Mir hat immer eine Lüftung gereicht, eine eingeklebte Gaze aus Edelstahl, dünner Kunststoff wird von den Maden oft angegriffen.

Im Gegensatz zu den gekauften Maden sind die gezüchteten immer in einem Gespinst/Kokon, wenn sie groß genug sind.


----------



## Frabbel (21. September 2019)

Zuchtgefäße mit Löchern in Topf und Deckel habe ich gefunden, das Problem hat sich erledigt... danke.


----------



## knutwuchtig (21. September 2019)

Johnny1 schrieb:


> *AW: Bienenmaden züchten?*
> 
> Gibt es Angler, die mit der Zucht schon Erfahrungen haben?
> Lohnt sich das überhaupt als Angler?
> ...


es gibt reichlich tutorials auf you tube! 
ob sich das lohnt weißt du erst hinterher nach der kosten -nutzen rechnung!
falls du erfolg hast . 

theoretisch könntest du ja einen mehr ertrag gegen endgeld abtreten


----------



## Minimax (22. September 2019)

Vor langer Zeit hat mal jemand in diesem Thread verlinkt:



MrFloppy schrieb:


> http://ameisenwiki.de/index.php



 Ameisenhaltung. Da dachte ich mir, Wow, was es nicht alles gibt, wie bizarr, aber Gott ja, wer will über Steckenpferde, Hobbies, Plaisirchen richten.

Inzwischen hab ich zum Thema gegoogelt und recherchiert- Das ist ja absolut fas-zi-nier-end! Das ist ne richtige Szene,
mit Shops, Foren, Blogs, alles was wir auch haben.
Da gibt's kleine, schnucklige
Ameisenfarmen, aber auch riesige Anlagen, die Blattschneiderameisen quer durch die Wohnung lenken.
Es gibt Körnersammelnde Ameisen, oder Ameisen, denen man Larven von anderen Arten zum AUsbrüten und Versklaven geben muss. 
Manche Ameisen bauen Papiernester, andere wiederum züchten Spezialpilze.

Ich werds aber glaube ich bei der theoretischen Faszination lassen, denn viele der Texte drehen sich um Ausbruchsversuche der Ameisen,
und Probleme wenn die Kolonie wächst. Ich schätze, es könnte unangenehme Fragen geben, wenn das eigene Wanderameisenvolk den
kleinen Stinkehund der verrückten Nachbarin zerlegt, oder den Dachstuhl vom Haus zernagt. 
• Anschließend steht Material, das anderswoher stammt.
-- ===== src/Config/Accepted.antt =====
-- Which configurations `validateYMLV1` and `validateYMLV2` accept, and where a version leads.
use test_at_scale.Prelude.{
  ◌≤◌, String, ◌≡◌, ◌≢◌, ◌↔◌, refl, sym, ◌∙◌, false, Option, none, some, All, str_eq, eq_iff, arith,
  Bool-cases, inl, inr,
}
use test_at_scale.Errs.{ok, ◌>>◌, >>=-eq-ok}
use test_at_scale.Models.{TasConfigV2, MergeV2, default_config_v2, event_push, event_pull_request}
use test_at_scale.Config.{
  Yaml, or_no_threshold, check_merge, check_event_v2, validate_struct_v2, validate_yml_v2,
}
use test_at_scale.Config.Tier.{tier_rank, is_valid_license_tier, is_valid_license_tier-ok}
use test_at_scale.Config.SubModules.{check_sub_modules-ok, IsComplete, IsDistinct}

-- A merge section that is there, with complete submodules under distinct names.
abbrev pub IsMergeValid : Option MergeV2 → Type 0
IsMergeValid none = ⊥
IsMergeValid (some merge) = All IsComplete merge.sub_modules × IsDistinct merge.sub_modules

-- The section that the event needs is valid; other events need none.
pub record IsEventReady (event_type : String) (config : TasConfigV2) : Type 0 where
  pub pull : event_type ≡ event_pull_request → IsMergeValid config.pre_merge
  pub push : event_type ≡ event_push → IsMergeValid config.post_merge

check_merge-ok :
    (field file : String) (o : Option MergeV2) → (check_merge field file o ≡ ok tt) ↔ IsMergeValid o
unfolding check_merge
check_merge-ok field file none = (λ h. cc, λ b. absurd b)
check_merge-ok field file (some merge) = check_sub_modules-ok field file merge.sub_modules

push_is_no_pull : ◌≢◌ {A = String} event_push event_pull_request
push_is_no_pull = ground (arith, eq_iff event_push event_pull_request)

not_named : {s t : String} → str_eq s t ≡ false → s ≡ t → ⊥
not_named {s} {t} other p = cc (other, (eq_iff s t).1 p)

check_event_v2-ok :
    (event_type file : String) (config : TasConfigV2)
    → (check_event_v2 event_type file config ≡ ok tt) ↔ IsEventReady event_type config
unfolding check_event_v2
check_event_v2-ok event_type file config =
    elim (Bool-cases (str_eq event_type event_pull_request)) [
      | inl pulled ↦
          let e = (eq_iff event_type event_pull_request).0 pulled in
          let merge = check_merge-ok "preMerge" file config.pre_merge in
          rw pulled (
            λ h. record { pull = λ _. merge.0 h; push = λ p. absurd (push_is_no_pull (sym p ∙ e)) },
            λ r. merge.1 (r.pull e),
          )
      | inr other ↦ elim (Bool-cases (str_eq event_type event_push)) [
        | inl pushed ↦
            let e = (eq_iff event_type event_push).0 pushed in
            let merge = check_merge-ok "postMerge" file config.post_merge in
            rw (other, pushed)
              (
                λ h. record { pull = λ p. absurd (not_named other p); push = λ _. merge.0 h },
                λ r. merge.1 (r.push e),
              )
        | inr neither ↦
            rw (other, neither)
              (
                λ h. record {
                  pull = λ p. absurd (not_named other p);
                  push = λ p. absurd (not_named neither p);
                },
                λ r. refl,
              )
      ]
    ]

-- The configuration that validation returns: the coverage threshold is never missing.
abbrev pub with_threshold : TasConfigV2 → TasConfigV2
with_threshold config = record config {
  coverage_threshold = or_no_threshold config.coverage_threshold;
}

-- A version 2 file that decodes and passes the validator of struct tags is accepted exactly when the
-- merge section of its event is there, with submodules that have a name, a path and a pattern and
-- that are named apart, and its tier ranks no higher than the license's; the accepted configuration
-- is the decoded one with its coverage threshold filled in.
pub validate_yml_v2-ok :
    (yaml : Yaml) (text event_type license_tier file : String) (config : TasConfigV2)
    → yaml.decode_v2 default_config_v2 text ≡ ok config
    → yaml.invalid_v2 config ≡ none
    → (validate_yml_v2 yaml text event_type license_tier file ≡ ok (with_threshold config))
      ↔ (IsEventReady event_type config × (tier_rank config.tier ≤ tier_rank license_tier))
unfolding validate_yml_v2 validate_struct_v2
validate_yml_v2-ok yaml text event_type license_tier file config decodes valid =
    let event = check_event_v2-ok event_type file (with_threshold config) in
    let tier = is_valid_license_tier-ok config.tier license_tier in
    rw (decodes, valid)
      (
        λ h.
            let (_, ready, h') =
              >>=-eq-ok (check_event_v2 event_type file (with_threshold config))
                (λ _. is_valid_license_tier config.tier license_tier >> ok (with_threshold config))
                h in
            let (_, ranked, _) =
              >>=-eq-ok (is_valid_license_tier config.tier license_tier)
                (λ _. ok (with_threshold config)) h' in
            let r = event.0 ready in (record { pull = r.pull; push = r.push }, tier.0 ranked),
        λ p. rw (event.1 (record { pull = p.0.pull; push = p.0.push }), tier.1 p.1),
      )
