-- ===== src/Config/Download.antt =====
-- pkg/tasconfigdownloader/setup.go: a configuration file that is downloaded, read and validated for
-- its own version, and tried against the other versions when that fails. `fetched` is the answer of
-- the download, and `remove` is `os.Remove`.
pub mod Answers
use test_at_scale.Prelude.{String, ◌⧺◌, Bool, not, Option, List, [], ◌∷◌, if◌then◌else◌}
use test_at_scale.Errs.{Err, error, Result, ok, err, panicked, is_ok, check, ◌>>=◌, ◌>>◌}
use test_at_scale.Models.{ℤ, pos, negsuc, eqb_ℤ}
use test_at_scale.Config.{Yaml, AnyConfig, load_and_validate, get_version_of}

pub record DownloaderOutput : Type 0 where
  pub version : ℤ
  pub tas_config : AnyConfig

-- `global.ValidYMLVersions`
abbrev pub valid_yml_versions : List ℤ
valid_yml_versions = pos 1 ∷ pos 2 ∷ []

abbrev pub version_mismatch : Err
version_mismatch = error (
    "the yml structure is invalid, please check the TAS yml documentation : "
    ⧺ "https://www.lambdatest.com/support/docs/tas-configuring-tas-yml")

-- What the validation of a downloaded file is for a version.
abbrev pub Validation : Type 0
Validation = ℤ → Result AnyConfig

-- `checkYmlValidityForOtherVersion`: the first other version for which the file is valid, or -1.
unfoldable pub other_valid_version : Validation → ℤ → List ℤ → ℤ
other_valid_version validate version [] = negsuc 0
other_valid_version validate version (supported ∷ versions) =
    let rest = other_valid_version validate version versions in
    if eqb_ℤ version supported then rest else if is_ok (validate supported) then supported else rest

unfoldable pub after_load : Validation → ℤ → Option Err → Result AnyConfig → Result DownloaderOutput
unfolding other_valid_version
after_load validate version removal panicked = panicked
after_load validate version removal (ok config) =
    check removal >> ok (record { version = version; tas_config = config })
after_load validate version removal (err e) =
    if not (eqb_ℤ (other_valid_version validate version valid_yml_versions) (negsuc 0))
    then err version_mismatch
    else err e

unfoldable pub get_tas_config :
    Yaml
    → (String → Option Err)
    → Result String
    → String
    → String
    → String
    → Result DownloaderOutput
unfolding after_load
get_tas_config yaml remove fetched event_type license_tier file_path = do
  path ← fetched
  version ← get_version_of yaml path
  let validate : Validation = λ v. load_and_validate yaml v path event_type license_tier file_path
  after_load validate version (remove path) (validate version)
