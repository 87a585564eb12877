-- ===== src/Config/Download/Answers.antt =====
-- What pkg/tasconfigdownloader/setup.go returns.
use test_at_scale.Prelude.{
  String, ◌≡◌, refl, ap, ◌∙◌, Bool, true, false, not, Option, none, some, arith, if◌then◌else◌,
  Bool-cases, inl, inr,
}
use test_at_scale.Errs.{Err, Result, ok, err, panicked, is_ok, >>=-eq-ok}
use test_at_scale.Models.{ℤ, pos}
use test_at_scale.Config.{Yaml, AnyConfig, load_and_validate, get_version_of}
use test_at_scale.Config.Download.{
  DownloaderOutput, Validation, other_valid_version, after_load, get_tas_config, version_mismatch,
}

after_load-ok :
    (validate : Validation) (version : ℤ) (removal : Option Err) (r : Result AnyConfig)
    (out : DownloaderOutput)
    → after_load validate version removal r ≡ ok out
    → (out.version ≡ version) × (r ≡ ok out.tas_config) × (removal ≡ none)
unfolding after_load
after_load-ok validate version removal panicked out h = cc
after_load-ok validate version none (ok config) out h = (cc h, cc h, refl)
after_load-ok validate version (some e) (ok config) out h = cc
after_load-ok validate version removal (err e) out h = absurd (ground arith)

-- A configuration that is returned was downloaded, carries the version that its file states, is what
-- the validation for exactly that version accepted, and its file was removed.
pub get_tas_config-ok :
    (yaml : Yaml) (remove : String → Option Err) (fetched : Result String)
    (event_type license_tier file_path : String) (out : DownloaderOutput)
    → get_tas_config yaml remove fetched event_type license_tier file_path ≡ ok out
    → (path : String) × (fetched ≡ ok path)
      × (get_version_of yaml path ≡ ok out.version)
      × (load_and_validate yaml out.version path event_type license_tier file_path
          ≡ ok out.tas_config)
      × (remove path ≡ none)
unfolding get_tas_config
get_tas_config-ok yaml remove fetched event_type license_tier file_path out h =
    let (path, found, h1) = >>=-eq-ok fetched _ h in
    let (version, read, h2) = >>=-eq-ok (get_version_of yaml path) _ h1 in
    let validate : Validation =
      λ v. load_and_validate yaml v path event_type license_tier file_path in
    let (same, loads, removed) =
      after_load-ok validate version (remove path) (validate version) out h2 in
    (path, found, cc (read, same), ap validate same ∙ loads, removed)

-- The other one of the two versions.
abbrev pub version_of : Bool → ℤ
version_of true = pos 1
version_of false = pos 2

-- A downloaded file of version 1 or 2 that its own version refuses gives the error of a version
-- mismatch if the other version accepts it, and else the error of its own version.
pub get_tas_config_mismatch :
    (yaml : Yaml) (remove : String → Option Err) (path event_type license_tier file_path : String)
    (first : Bool) (e : Err)
    → get_version_of yaml path ≡ ok (version_of first)
    → load_and_validate yaml (version_of first) path event_type license_tier file_path ≡ err e
    → get_tas_config yaml remove (ok path) event_type license_tier file_path
      ≡ err (
          if is_ok
            (load_and_validate yaml (version_of (not first)) path event_type license_tier file_path)
          then version_mismatch
          else e)
unfolding get_tas_config after_load other_valid_version
get_tas_config_mismatch yaml remove path event_type license_tier file_path true e read refuses =
    rw (read, refuses)
      (elim (Bool-cases
        (is_ok (load_and_validate yaml (pos 2) path event_type license_tier file_path))) [
          | inl accepts ↦ rw accepts refl
          | inr neither ↦ rw neither refl
        ])
get_tas_config_mismatch yaml remove path event_type license_tier file_path false e read refuses =
    rw (read, refuses)
      (elim (Bool-cases
        (is_ok (load_and_validate yaml (pos 1) path event_type license_tier file_path))) [
          | inl accepts ↦ rw accepts refl
          | inr neither ↦ rw neither refl
        ])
WIrklich sehr interessant!
hg
Minimax


----------



## Tobias85 (22. September 2019)

Minimax schrieb:


> Ich werds aber glaube ich bei der theoretischen Faszination lassen, denn viele der Texte drehen sich um Ausbruchsversuche der Ameisen,
> und Probleme wenn die Kolonie wächst. Ich schätze, es könnte unangenehme Fragen geben, wenn das eigene Wanderameisenvolk den
> kleinen Stinkehund der verrückten Nachbarin zerlegt, oder den Dachstuhl vom Haus zernagt.



Gegen Ausbruchsversuche hilft ein Vaseline-Film am oberen Innenrand des Formicariums und gegen Platzprobleme die Wahl der Richtigen Spezies, die nur kleine Kolonien bildet. Ich spiele tatsächlich scho lange mit dem Gedanken, mit mal sone Mini-Kolonie einheimischer Arten zu halten. Aber momentan wird meine ganze Motivation in andere Projekte gesteckt.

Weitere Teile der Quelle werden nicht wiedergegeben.